I don't know how I managed to miss this thread in early May. I've only seen it just now (June 7, late evening hours) for the first time. Many of you already know that the Missouri guerrillas are especially interesting to me. Quantrill's band of guerrillas is probably the most famous of the MO guerrilla bands, but it's by no means the only such organization that fought in Missouri.
Four or five years ago, I would have insisted that Quantrill was as thoroughly evil as so many authors have made him out to be. However, after much more reading and thought, I've come to think of him somewhat differently. There's no doubt he has been demonized. He probably deserves SOME of that, but not all of it.
He did take prisoners and attempt to exchange them. He did parole prisoners. He did shelter some people in Lawrence.
...but, of course, he sometimes executed people.

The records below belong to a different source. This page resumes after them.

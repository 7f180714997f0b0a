-- ===== src/Headless/Parsing.antt =====
-- `runHeadless` reads the commands that scripts/gen_convergence_script.py prints.
use cs4730_collaborative_tex.Base.{
  ℕ, zero, suc, ◌+◌, ◌/◌, ◌%◌, ◌^◌, ◌<◌, ◌≡◌, refl, sym, ap, subst, ◌∙◌, inl, inr, Bool, true,
  false, Bool-cases, [], ◌∷◌, ◌++◌, append-nil, arith, ltb, nat_beq,
}
use cs4730_collaborative_tex.Base.Int.{ℤ, pos, negsuc}
use cs4730_collaborative_tex.Text.{Text}
use cs4730_collaborative_tex.Text.Decimal.{print, print_from, print_int}
use cs4730_collaborative_tex.Serializer.RoundTrip.{IsInt32}
use cs4730_collaborative_tex.Script.{Command, command_line}
use cs4730_collaborative_tex.Headless.{
  is_blank, is_digit, skip_blanks, take_word, read, take_digits, in_int, extract_digits,
  extract_int, Line, insert_line, number_line, parse_line,
}

-- The next character is no digit.
abbrev NoDigit : Text → Type 0
NoDigit [] = Unit
NoDigit (c ∷ _) = is_digit c ≡ false

take_digits-print_from :
    (f n : ℕ) (out : Text) → n < f → take_digits 0 (print_from f n out) ≡ take_digits n out
unfolding take_digits print_from
take_digits-print_from zero n out h = absurd (omega (arith, h))
take_digits-print_from (suc f) n out h =
    ground (arith, take_digits-print_from f (n / 10) ((0x30 + n % 10) ∷ out))

print_from-append :
    (f n : ℕ) (out rest : Text) → print_from f n out ++ rest ≡ print_from f n (out ++ rest)
unfolding print_from
print_from-append zero n out rest = refl
print_from-append (suc f) n out rest =
    ground (arith, print_from-append f (n / 10) ((0x30 + n % 10) ∷ out) rest)

take_digits-rest : (n : ℕ) (rest : Text) → NoDigit rest → take_digits n rest ≡ (n, rest)
unfolding take_digits
take_digits-rest n [] h = refl
take_digits-rest n (c ∷ s) h = ground (arith, h)

take_digits-print :
    (n : ℕ) (rest : Text) → NoDigit rest → take_digits 0 (print n ++ rest) ≡ (n, rest)
unfolding print
take_digits-print n rest h =
    ap (take_digits 0) (print_from-append (suc n) n [] rest)
    ∙ take_digits-print_from (suc n) n rest (omega arith)
    ∙ take_digits-rest n rest h

-- A number starts with a digit.
abbrev StartsDigit : Text → Type 0
StartsDigit s = (c : ℕ) × (t : Text) × (s ≡ c ∷ t) × (is_digit c ≡ true)

print_from-StartsDigit : (f n : ℕ) (out : Text) → n < f → StartsDigit (print_from f n out)
unfolding print_from
print_from-StartsDigit zero n out h = absurd (omega (arith, h))
print_from-StartsDigit (suc f) n out h = elim (Bool-cases (ltb n 10)) [
  | inl small ↦ rw small (0x30 + n % 10, out, refl, ground arith)
  | inr big ↦
      rw big (print_from-StartsDigit f (n / 10) ((0x30 + n % 10) ∷ out) (ground (arith, big, h)))
]

print-StartsDigit : (n : ℕ) (rest : Text) → StartsDigit (print n ++ rest)
unfolding print
print-StartsDigit n rest =
    subst StartsDigit (sym (print_from-append (suc n) n [] rest))
      (print_from-StartsDigit (suc n) n rest (omega arith))

extract_digits-print :
    (negative : Bool) (n : ℕ) (rest : Text)
    → NoDigit rest
    → extract_digits negative (print n ++ rest) ≡ in_int negative (n, rest)
unfolding extract_digits
extract_digits-print negative n rest h =
    let (c, t, same, digit) = print-StartsDigit n rest in
    ap (extract_digits negative) same
    ∙ digits_first c t digit
    ∙ ap (λ s. in_int negative (take_digits 0 s)) (sym same)
    ∙ ap (in_int negative) (take_digits-print n rest h)
  where
    digits_first :
        (c : ℕ) (t : Text)
        → is_digit c ≡ true
        → extract_digits negative (c ∷ t) ≡ in_int negative (take_digits 0 (c ∷ t))
    digits_first c t digit = rw (extract_digits, digit) refl

extract_int-digit :
    (c : ℕ) (t : Text)
    → is_digit c ≡ true
    → extract_int (0x20 ∷ c ∷ t) ≡ extract_digits false (c ∷ t)
unfolding extract_int skip_blanks
extract_int-digit c t digit =
    let filled : is_blank c ≡ false = ground (arith, digit) in
    let no_minus : nat_beq c b'-' ≡ false = ground (arith, digit) in
    let no_plus : nat_beq c b'+' ≡ false = ground (arith, digit) in
    ground (arith, filled, no_minus, no_plus)

extract_int-print :
    (n : ℕ) (rest : Text)
    → NoDigit rest
    → extract_int (0x20 ∷ (print n ++ rest)) ≡ in_int false (n, rest)
extract_int-print n rest h =
    let (c, t, same, digit) = print-StartsDigit n rest in
    ap (λ s. extract_int (0x20 ∷ s)) same
    ∙ extract_int-digit c t digit
    ∙ ap (extract_digits false) (sym same)
    ∙ extract_digits-print false n rest h

in_int-fits : (n : ℕ) (rest : Text) → n < 2 ^ 31 → in_int false (n, rest) ≡ read (pos n) rest
in_int-fits n rest h = ground (arith, h)

extract_int-minus : (s : Text) → extract_int (0x20 ∷ b'-' ∷ s) ≡ extract_digits true s
unfolding extract_int skip_blanks
extract_int-minus s = refl

in_int-minus : (n : ℕ) → n < 2 ^ 31 → in_int true (suc n, []) ≡ read (negsuc n) []
in_int-minus n h = ground (arith, h)

extract_int-print_int : (n : ℤ) → IsInt32 n → extract_int (0x20 ∷ print_int n) ≡ read n []
unfolding print_int
extract_int-print_int (pos n) h =
    ap (λ s. extract_int (0x20 ∷ s)) (sym (append-nil (print n)))
    ∙ extract_int-print n [] tt
    ∙ in_int-fits n [] h
extract_int-print_int (negsuc n) h =
    extract_int-minus (print (suc n))
    ∙ ap (extract_digits true) (sym (append-nil (print (suc n))))
    ∙ extract_digits-print true (suc n) [] tt
    ∙ in_int-minus n h

insert_line-char :
    (at : ℤ) (c : ℕ) → is_blank c ≡ false → insert_line (read at (0x20 ∷ c ∷ [])) ≡ Line.insert at c
unfolding insert_line skip_blanks
insert_line-char at c h = ground (arith, h)

-- What a command of a script says.
abbrev pub line_for : Command → Line
line_for (Command.sleep n) = Line.sleep n
line_for (Command.insert p c) = Line.insert (pos p) c
line_for (Command.delete p) = Line.delete (pos p)
line_for Command.dump = Line.dump
line_for Command.quit = Line.quit

-- Its numbers fit in 32 bits, and a blank is no character to insert.
abbrev pub IsReadable : Command → Type 0
IsReadable (Command.sleep n) = IsInt32 n
IsReadable (Command.insert p c) = (p < 2 ^ 31) × (is_blank c ≡ false)
IsReadable (Command.delete p) = p < 2 ^ 31
IsReadable Command.dump = Unit
IsReadable Command.quit = Unit

pub parse_line-command_line :
    (c : Command) → IsReadable c → parse_line (command_line c) ≡ line_for c
unfolding parse_line command_line take_word skip_blanks
parse_line-command_line (Command.sleep n) h =
    ap (number_line Line.sleep) (extract_int-print_int n h)
parse_line-command_line (Command.insert p c) (small, filled) =
    ap insert_line (extract_int-print p (0x20 ∷ c ∷ []) refl ∙ in_int-fits p (0x20 ∷ c ∷ []) small)
    ∙ insert_line-char (pos p) c filled
parse_line-command_line (Command.delete p) h =
    ap (λ s. number_line Line.delete (extract_int (0x20 ∷ s))) (sym (append-nil (print p)))
    ∙ ap (number_line Line.delete) (extract_int-print p [] tt ∙ in_int-fits p [] h)
parse_line-command_line Command.dump h = refl
parse_line-command_line Command.quit h = refl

He lost ultimate control of his command after Lawrence and I believe this is because Anderson and Todd thought Quantrill was too soft, too fair minded and too honorable.
I don't believe there's any evidence that Quantrill ordered 13 year old boys killed at Lawrence, although many writers insist that he ordered the death of anyone old enough to carry a gun. I suspect Bill Anderson was responsible for that order.
I believe the Lawrence raid was originally planned as a specific strike at the headquarters of the Redlegs and Jayhawkers and I believe it had been considered for a very long time. I believe the injury and deaths of some of the guerrillas' sisters and sisters in law in the Kansas City jail collapse changed the raid motive for a lot of the guerrillas. I believe the death of Josephine Anderson (Bill's young sister) altered his personal motive in an extremely dark way. I believe Anderson drew some of the most blood thirsty of the boys to his own command and I don't believe they needed much encouragement from him to run amok at Lawrence. I think we could draw a very similar parallel to the Viet Nam raid on the village of My Lai 4, where the raiders went in expecting to wipe out a VC strong hold and wound up killing practically everything that moved. Quantrill gets to take the blame for what happened in Lawrence because he was still in overall command, but I don't believe he ordered a massacre of civilians. Nevertheless, civilians did get massacred. I can't say without a doubt that Anderson and Todd and their companies were responsible for the excesses at Lawrence, but I think it's a pretty safe bet.
Lawrence soured some very tough guerrilla soldiers who parted with the band and went into regular Confederate service soon afterwards. I believe those men went to Lawrence expecting a military sort of raid and were disgusted by what they witnessed there.. Lawrence also had the effect of ramping up the blood lust of others among the band--most notoriously, those in Anderson's and Todd's companies. Centralia, Rawlings Lane and Goslin's Lane followed soon after. Quantrill did not participate in those actions. Instead, he seems to have taken a break from the war and gone into "semi retirement" in south Howard County, Missouri.
Please realize that all of these musings are conclusions I've drawn from my own reading. I know that many of you will have different views. None of us will ever have anything but our own conclusions about a lot of Quantrill's history. The man was nearly impossible to understand in life. How can we hope to understand him accurately 150 years after his death? We have only the writings of demonizers and apologists and we must somehow draw our own conclusions from those sources.
Regarding the Quantrill remains at Higginsville: Those bones had been in Kansas for a long time. I've read they had been in a private collection at first and later with the state historical society. I can't say whether that much is accurate. They were, indeed buried in the Confederate cemetery at Higginsville and there are two other graves in other locations which bear some of Quantrill's remains.